This article has been contributed by Paul Wilkinson, Co-Director and Co-Owner at GamingWorks. Ahead of his presentation at the itSMF UK Conference and Exhibition, Paul discusses Gaming – perceptions, deployments, benefits and more…

I must admit to being tired, frustrated, disappointed and angry at the latest mega hype around ‘gamification’. Why? You would think that being a company that develops business simulation games  we would be happy, right? Or perhaps you are still asking “what has ‘gaming’ got to do with ITSM”? You are probably thinking that gaming is just a nice way to make training more fun and interesting. You couldn’t be MORE wrong, I will show you why shortly.

I am happy that ‘gaming’ is getting attention. I am NOT happy about the general perceptions being created about gaming and I am NOT happy with the general way in which they are deployed.

These perceptions and poor deployment are damaging the credibility of gaming as valuable intervention instruments. In this article I want to try and demonstrate to you that a game isn’t just a nice to have add-on to ITIL training to make it less boring, nor simply a great way of creating more ‘awareness’. These are the LEAST valuable benefits of gaming.

General perceptions

The general perceptions, partly prompted by the new breed of software developers, is that gamification is all about digital, video, on-line, and engagement type games with leader boards, badges and rewards; great for marketing and driving traffic to web-sites.

When I talk to people about business simulation games they often ask “Where can we download it?”, “Is there an on-line demo we can play?”, “Can I install it on my iPad”, “Do I get to shoot people in the game?”….the last one was a joke by the way. It seems that people are prepared to queue up all through the night to buy the latest game that allows them to shoot people and score points! But they don’t want to invest in a business game because they don’t see how it adds value!

I am NOT saying that these computer based games are of no value. They are extremely powerful if used correctly, with a clear set of business objectives. I am simply saying there is more to gaming, such as classroom based business simulation games – dynamic, interactive, experiential learning environments  in which people have to work together, face-to-face to solve problems and learn.

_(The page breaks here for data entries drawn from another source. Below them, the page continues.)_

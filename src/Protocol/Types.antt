-- ===== src/Protocol/Types.antt =====
-- The identifiers, frames and errors of src-tauri/src/protocol_v2.rs.
-- A `[u8; 16]` or `[u8; 32]` is the number that its bytes spell, most significant first: that keeps
-- equality, order and the all-zero value. Fields of `u16`, `u32` and `u64` are plain numbers.
use mykvm.Base.{ℕ, Bool, true, ◌&&◌, ◌≡◌, ◌↔◌, List, String, arith, ℤ, Eq, ◌==◌}

pub data DeviceRole : Type 0 where
  controller receiver : DeviceRole

abbrev pub BootId : Type 0
BootId = ℕ

pub record SessionId : Type 0 where
  pub controller_boot : BootId
  pub receiver_boot : BootId
  pub nonce : ℕ

pub data CriticalButton : Type 0 where
  left right middle back forward : CriticalButton

pub data CriticalEvent : Type 0 where
  key : (key_code scan_code : ℕ) (extended down : Bool) → CriticalEvent
  button : (button : CriticalButton) (down : Bool) (x y : ℤ) (motion_sequence : ℕ) → CriticalEvent
  scroll : (delta_x delta_y x y : ℤ) (motion_sequence : ℕ) → CriticalEvent

pub record CriticalFrame : Type 0 where
  pub session_id : SessionId
  pub sequence : ℕ
  pub event : CriticalEvent

pub record MotionFrame : Type 0 where
  pub session_id : SessionId
  pub display_id : String
  pub layout_revision : ℕ
  pub sequence : ℕ
  pub required_reliable_sequence : ℕ
  pub x : ℤ
  pub y : ℤ

pub data ControlFrame : Type 0 where
  hello :
      (boot_id : BootId) (peer_id : String) (role : DeviceRole) (capabilities : List String)
      → ControlFrame
  prepare : (request_id : ℕ) (target_display : String) (layout_revision : ℕ) → ControlFrame
  ready :
      (request_id : ℕ) (receiver_boot : BootId) (input_ready : Bool) (target_display : String)
      (layout_revision : ℕ)
      → ControlFrame
  commit : (request_id : ℕ) (session_id : SessionId) → ControlFrame
  commit_ack : (session_id : SessionId) → ControlFrame
  end_session : (session_id : SessionId) (reason : String) → ControlFrame
  ping : (session_id : SessionId) (sequence : ℕ) → ControlFrame
  pong : (session_id : SessionId) (sequence highest_applied_sequence : ℕ) → ControlFrame
  reject : (code detail : String) → ControlFrame

pub data ProtocolError : Type 0 where
  frame_too_large : ℕ → ProtocolError
  invalid_length truncated decode invalid_magic : ProtocolError
  unsupported_major : ℕ → ProtocolError
  invalid_field : String → ProtocolError
  invalid_transition wrong_boot wrong_session wrong_role random_unavailable : ProtocolError

abbrev pub session_beq : SessionId → SessionId → Bool
session_beq a b =
    a.controller_boot == b.controller_boot
    && a.receiver_boot == b.receiver_boot
    && a.nonce == b.nonce

pub session_beq_iff : (a b : SessionId) → (session_beq a b ≡ true) ↔ (a ≡ b)
session_beq_iff a b = ground arith

instance abbrev pub session_eq : Eq SessionId
session_eq = record { beq = session_beq; beq_iff = session_beq_iff }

Learning to discuss, engage in dialogue, make agreements, give and receive feedback, resolve conflicts, and convince somebody of the business case, these  are all difficult to simulate in a computer game.

Yet these are some of the competences required when deploying best practices such as ITIL, and these are some of the key reasons ITSM improvement initiatives fail! A simulation game is a great way to test and explore these types of behavior.

Deployment

People leap onto games as the next TOOL. Just like many organizations used ITIL as a TOOL to be ‘implemented’ – and generally failed, just like organizations who buy expensive service management TOOLS and then find they aren’t being used properly.

One of the top ABC (Attitude, Behavior, Culture) worst practice cards chosen in workshops world-wide is  ‘A Fool with a tool is still a fool’  – It’s not about the TOOL, it’s about what you do with it. I often hear people say ‘We played a game…..didn’t see the results we HOPED for’. ‘It was fun, created energy but…’. That is because they deployed the game as a TOOL; a product.

A game is not a one-size-fits all, just like ITIL needs to be customized to the needs of the organization, just like a tool needs to be customized to the needs of the organization, so too a game facilitation needs to be customized to the needs of the organization.

Gartner predicted that 80% of gamification investments would fail because of poor design – not aligning them with the organization’s needs. Questions need to be explored such as: what problem are we trying to solve, what behavior do we want to confront, to learn, to test, to explore, who needs to play which roles and why? What will we do with the captured learning and improvement points? Basically a game needs to be played in the context of the organization to ensure a maximum return on the investment. However when done well the returns are high.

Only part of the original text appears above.